First ungroup your objects and make another group, in this new group add another object... an invisible line (a object with opacity set to 0) positioned exactly as your original line but in the opposite direction. I have an image to explain this technique :

enter image description here

To position this line exactly as the other line use the Align features such as Horizontal Distribute center and Vertical Distribute center...

Then after you have this new grouped object the center should be again in the center of the circle... hope you understand all this... its kind of ... invented on the spot... but it worked for me.. if you need further explanation just ask! :)

You don't really need to set the opacity of your new line to 0, you can simply delete it after the job is done... I was just thinking maybe you might need it later again so its better to leave it there untill you know you wont need it again, but you set the opacity to 0 so you don't see it...

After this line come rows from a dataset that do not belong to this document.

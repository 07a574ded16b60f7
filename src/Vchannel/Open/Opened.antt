-- ===== src/Vchannel/Open/Opened.antt =====
-- What opening the channel leaves.
use seamlessrdp.Base.{◌≡◌, refl, Bool, true, false, ◌&&◌, length, arith}
use seamlessrdp.Vchannel.Buffer.{Buffer, IsValid, buffer_size}
use seamlessrdp.Vchannel.Open.{
  Handles, Creates, Opening, bail_out, vchannel_close, vchannel_is_open, format, vchannel_open,
  create_mutex, create_serial, create_map_file, map_view, create_events,
}

abbrev pub creates_all : Creates → Bool
creates_all o =
    o.channel && (o.mutex && (o.serial && (o.map_file && (o.view && (o.evrd && o.evwr)))))

abbrev pub all_open : Handles
all_open = record {
  channel = true;
  mutex = true;
  serial = true;
  map_file = true;
  buffer = true;
  evrd = true;
  evwr = true;
}

format-IsValid : (b : Buffer) → length b.bytes ≡ buffer_size → IsValid (format b)
format-IsValid b h = record {
  storage = h;
  small = omega arith;
  writer_in = omega arith;
  reader_in = omega arith;
}

-- What is to hold of an opening, where `all` tells whether everything can be created.
pub record IsOpening (all : Bool) (b : Buffer) (r : Opening) : Type 0 where
  pub answered : r.ok ≡ all
  pub opened :
      all ≡ true → (r.handles ≡ all_open) × (IsValid r.memory × (r.memory.pr ≡ r.memory.pw))
  pub shut : all ≡ false → (vchannel_is_open r.handles ≡ false) × (r.memory ≡ b)
  pub released : all ≡ false → (r.handles.mutex ≡ false) × (r.handles.buffer ≡ false)

IsOpening-bail_out : (h : Handles) (b : Buffer) → IsOpening false b (bail_out h b)
unfolding vchannel_close
IsOpening-bail_out h b = record {
  answered = refl;
  opened = λ e. absurd (ground arith);
  shut = λ e. (refl, refl);
  released = λ e. (refl, refl);
}

IsOpening-format :
    (b : Buffer)
    → length b.bytes ≡ buffer_size
    → IsOpening true b (record { ok = true; handles = all_open; memory = format b })
IsOpening-format b storage = record {
  answered = refl;
  opened = λ e. (refl, (format-IsValid b storage, refl));
  shut = λ e. absurd (ground arith);
  released = λ e. absurd (ground arith);
}

IsOpening-answers :
    (channel mutex serial map_file view evrd evwr : Bool) (h : Handles) (b : Buffer)
    → length b.bytes ≡ buffer_size
    → let o : Creates = record {
      channel = channel;
      mutex = mutex;
      serial = serial;
      map_file = map_file;
      view = view;
      evrd = evrd;
      evwr = evwr;
    } in
      IsOpening (creates_all o) b (vchannel_open o (record h { channel = false }) b)
unfolding vchannel_open create_mutex create_serial create_map_file map_view create_events
IsOpening-answers false m s f v r w h b storage = IsOpening-bail_out h b
IsOpening-answers true false s f v r w h b storage = IsOpening-bail_out h b
IsOpening-answers true true false f v r w h b storage =
    IsOpening-bail_out (record h { serial = false }) b
IsOpening-answers true true true false v r w h b storage =
    IsOpening-bail_out (record h { serial = true }) b
IsOpening-answers true true true true false r w h b storage =
    IsOpening-bail_out (record h { serial = true }) b
IsOpening-answers true true true true true false w h b storage =
    IsOpening-bail_out (record h { serial = true; evrd = false; evwr = w }) b
IsOpening-answers true true true true true true false h b storage =
    IsOpening-bail_out (record h { serial = true; evrd = true; evwr = false }) b
IsOpening-answers true true true true true true true h b storage = IsOpening-format b storage

-- Opening a closed channel succeeds exactly if every object can be created. Then all handles are there
-- and the buffer is well-formed and empty; if not, the channel is closed, and so are the mutex and the
-- buffer, and the shared memory is as it was.
pub IsOpening-vchannel_open :
    (o : Creates) (h : Handles) (b : Buffer)
    → h.channel ≡ false
    → length b.bytes ≡ buffer_size
    → IsOpening (creates_all o) b (vchannel_open o h b)
IsOpening-vchannel_open o h b closed storage =
    rw closed
      (IsOpening-answers o.channel o.mutex o.serial o.map_file o.view o.evrd o.evwr h b storage)
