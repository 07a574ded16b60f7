-- ===== src/Vchannel/Process/Failure.antt =====
-- The error path of `vchannel_process`: `return -1` inside its loop.
use seamlessrdp.Base.{
  ℕ, zero, suc, ◌+◌, ◌≡◌, refl, Bool, true, List, Bytes, arith, ◌⊎◌, inl, inr, Option-cases, some,
}
use seamlessrdp.Vchannel.Serial
use seamlessrdp.Vchannel.Message.{Message}
use seamlessrdp.Vchannel.Serial.{Semaphore, Step, next_serial, numbered}
use seamlessrdp.Vchannel.Process.{error, Shell, transfer, forward, Delivery, process_loop, process}

pub Step-cases :
    {S : Type 0} (e : Step S)
    → ((s : S) × (k : ℕ) × (e ≡ numbered s k))
      ⊎ ((s : S) × (e ≡ Serial.error s))
      ⊎ (e ≡ Serial.unfinished)
Step-cases (numbered s k) = inl (s, k, refl)
Step-cases (Serial.error s) = inr (inl (s, refl))
Step-cases Serial.unfinished = inr (inr refl)

module _ (sem : Semaphore) (accepts : List Bytes → Bytes → Bool) where
  held-forward : (sh : Shell sem) (m : Message) → (forward sem accepts sh m).1.held ≡ sh.held
  unfolding forward
  held-forward sh m = ground arith

  held-transfer :
      (sh : Shell sem) (d : Delivery) (sh' : Shell sem)
      → transfer sem accepts sh ≡ some (d, sh')
      → sh'.held ≡ sh.held
  unfolding transfer forward
  held-transfer sh d sh' e = ground arith

  held-error :
      (fuel n : ℕ) (sh sh' : Shell sem)
      → process_loop sem accepts fuel n sh ≡ (error, sh')
      → sh'.held ≡ sh.held
  unfolding process_loop
  held-error zero n sh sh' e = cc
  held-error (suc fuel) n sh sh' e = elim (Step-cases (next_serial sem sh.serial sh.prev)) [
    | inl (s, k, num) ↦
        let sh1 = record sh { serial = s; prev = k } in
        elim (Option-cases (transfer sem accepts sh1)) [
          | inl over ↦ ground arith
          | inr ((d, sh2), moved) ↦ ground (
            arith,
            held-transfer sh1 d sh2 moved,
            held-error fuel n sh2 sh',
            held-error fuel (n + 1) sh2 sh',
          )
        ]
    | inr (inl (s, stop)) ↦ ground arith
    | inr (inr stop) ↦ ground arith
  ]

  -- When `vchannel_process` returns -1 out of its loop, with the channel open and the buffer mapped,
  -- the mutex is held once more than before the call.
  pub process-error :
      (fuel : ℕ) (woken : Bool) (sh sh' : Shell sem)
      → sh.channel ≡ true
      → sh.mapped ≡ true
      → process sem accepts fuel woken sh ≡ (error, sh')
      → sh'.held ≡ sh.held + 1
  unfolding process
  process-error fuel woken sh sh' channel mapped e =
      ground (arith, held-error fuel 0 (record sh { held = sh.held + 1 }) sh')
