-- ===== src/Vchannel/Read/Line/Overflow.antt =====
-- `vchannel_read` in overflow mode, behind a line that did not fit the array.
use seamlessrdp.Base.{
  ℕ, ◌+◌, ◌-◌, ◌≤◌, ◌≡◌, refl, true, false, [], ◌∷◌, ◌++◌, append_assoc, none, some, Bytes, IsText,
  arith, length, drop, length-append,
}
use seamlessrdp.Vchannel.Buffer.{max_line}
use seamlessrdp.Vchannel.Read.Array.{IsLine, find_newline-broken, before-unbroken}
use seamlessrdp.Vchannel.Read.{
  Reader, again, find_newline, before, overwrite, move_down, leave_overflow, take_line, read,
}
use seamlessrdp.Vchannel.Read.Line.{
  Shows, Reads, take_line-Reads, filled-Shows, length-moved, move_down-shifted,
}

-- In overflow mode a delivery with no newline is dropped, and the mode stays.
read-overflow_stays :
    (len : ℕ) (r : Reader) (chunk : Bytes)
    → r.overflow_mode ≡ true
    → Shows r []
    → IsLine chunk
    → length chunk ≤ max_line
    → ((read len (some chunk) r).0 ≡ again)
      × ((read len (some chunk) r).1.overflow_mode ≡ true)
      × Shows (read len (some chunk) r).1 []
unfolding read leave_overflow
read-overflow_stays len r chunk over sh h fits =
    let shown = filled-Shows r [] chunk sh (omega arith) in
    let missing : before (length chunk) (find_newline (overwrite r.buffer r.size chunk)) ≡ none =
      rw shown.layout (before-unbroken chunk shown.tail h) in
    let filled = overwrite r.buffer r.size chunk in
    let result : read len (some chunk) r ≡ (again, record r { buffer = filled }) =
      ground (arith, missing) in
    rw result
      (refl, over, record { tail = filled; layout = refl; count = sh.count; whole = shown.whole })

-- In overflow mode, with nothing in the reader's array: a delivery of at most `max_line` bytes that has
-- a newline and holds no NUL is dropped up to its first newline. What follows is answered as by a call
-- outside that mode, for a caller's array of at least `max_line` bytes.
pub read-overflow_ends :
    (len : ℕ) (r : Reader) (l rest : Bytes)
    → max_line ≤ len
    → r.overflow_mode ≡ true
    → Shows r []
    → IsLine l
    → IsText rest
    → length (l ++ b'\n' ∷ rest) ≤ max_line
    → let chunk = l ++ b'\n' ∷ rest in
      Reads rest (read len (some chunk) r).0 (read len (some chunk) r).1
unfolding read leave_overflow
read-overflow_ends len r l rest enough over sh h t fits =
    let chunk = l ++ b'\n' ∷ rest in
    let filled = overwrite r.buffer r.size chunk in
    let shown = filled-Shows r [] chunk sh (omega arith) in
    let layout : filled ≡ l ++ b'\n' ∷ (rest ++ shown.tail) = rw shown.layout (simp append_assoc) in
    let sizes = length-append l (b'\n' ∷ rest) in
    let search : find_newline filled ≡ some (length l) =
      rw layout (find_newline-broken l (rest ++ shown.tail) h) in
    let found : before (length chunk) (find_newline filled) ≡ some (length l) =
      rw search (ground (arith, sizes)) in
    let left : length chunk - length l - 1 ≡ length rest = omega (arith, sizes) in
    let moved : move_down filled (length l + 1) (length rest) ≡ rest ++ drop (length rest) filled =
      rw layout (move_down-shifted l b'\n' rest shown.tail) in
    let next : Reader = record {
      overflow_mode = false;
      buffer = rest ++ drop (length rest) filled;
      size = length rest;
    } in
    let result : read len (some chunk) r ≡ take_line len next =
      rw (read, over, leave_overflow, found, left, moved) refl in
    rw result (
      take_line-Reads len next rest enough refl t (record {
        tail = drop (length rest) filled;
        layout = refl;
        count = refl;
        whole = length-moved max_line rest filled shown.whole (omega (arith, sizes));
      }))
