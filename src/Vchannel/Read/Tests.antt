-- ===== src/Vchannel/Read/Tests.antt =====
-- Lines that arrive in pieces.
use seamlessrdp.Base.{◌≡◌, refl, true, false, [], ◌++◌, some, Bytes, codes, arith, replicate}
use seamlessrdp.Vchannel.Buffer.{max_line}
use seamlessrdp.Vchannel.Read.{Reader, line, take_line, read}
use seamlessrdp.Vchannel.Read.Line.{Shows, Reads, read-Reads}
use seamlessrdp.Vchannel.Read.Line.Overflow.{read-overflow_ends}

abbrev zeros : Bytes
zeros = replicate max_line 0

abbrev fresh : Reader
fresh = record { overflow_mode = false; buffer = zeros; size = 0 }

abbrev skipping : Reader
skipping = record { overflow_mode = true; buffer = zeros; size = 0 }

fresh-Shows : Shows fresh []
fresh-Shows = record { tail = zeros; layout = refl; count = refl; whole = refl }

skipping-Shows : Shows skipping []
skipping-Shows = record { tail = zeros; layout = refl; count = refl; whole = refl }

abbrev chunk : Bytes
chunk = codes "SYNC\nFO"

read-chunk : (read max_line (some chunk) fresh).0 ≡ line (codes "SYNC")
unfolding read take_line
read-chunk = refl

read-Reads_example :
    Reads ([] ++ chunk) (read max_line (some chunk) fresh).0 (read max_line (some chunk) fresh).1
read-Reads_example =
    read-Reads max_line fresh [] chunk (omega arith) refl fresh-Shows (omega arith) (omega arith)

read-overflow_ends_example :
    Reads
      (codes "FOCUS")
      (read max_line (some (codes "AB\nFOCUS")) skipping).0
      (read max_line (some (codes "AB\nFOCUS")) skipping).1
read-overflow_ends_example =
    read-overflow_ends max_line skipping (codes "AB") (codes "FOCUS") (omega arith) refl
      skipping-Shows (omega arith) (omega arith) (omega arith)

This is much easyer to do in Flash, where you can move an objects(Symbol in Flash) Registration Point, if that exists in Inkscape... then, just do that...

2
  • Thanks this is much clearer than the other answer. I will experiment with horizontal & vertical distribute.
    – Kugel
    Nov 12, 2011 at 22:58
  • This is a good option, Flavius. The ultimate goal is to be able to center the circle in a group of object and that group can them be centered, preserving the relative position of everything.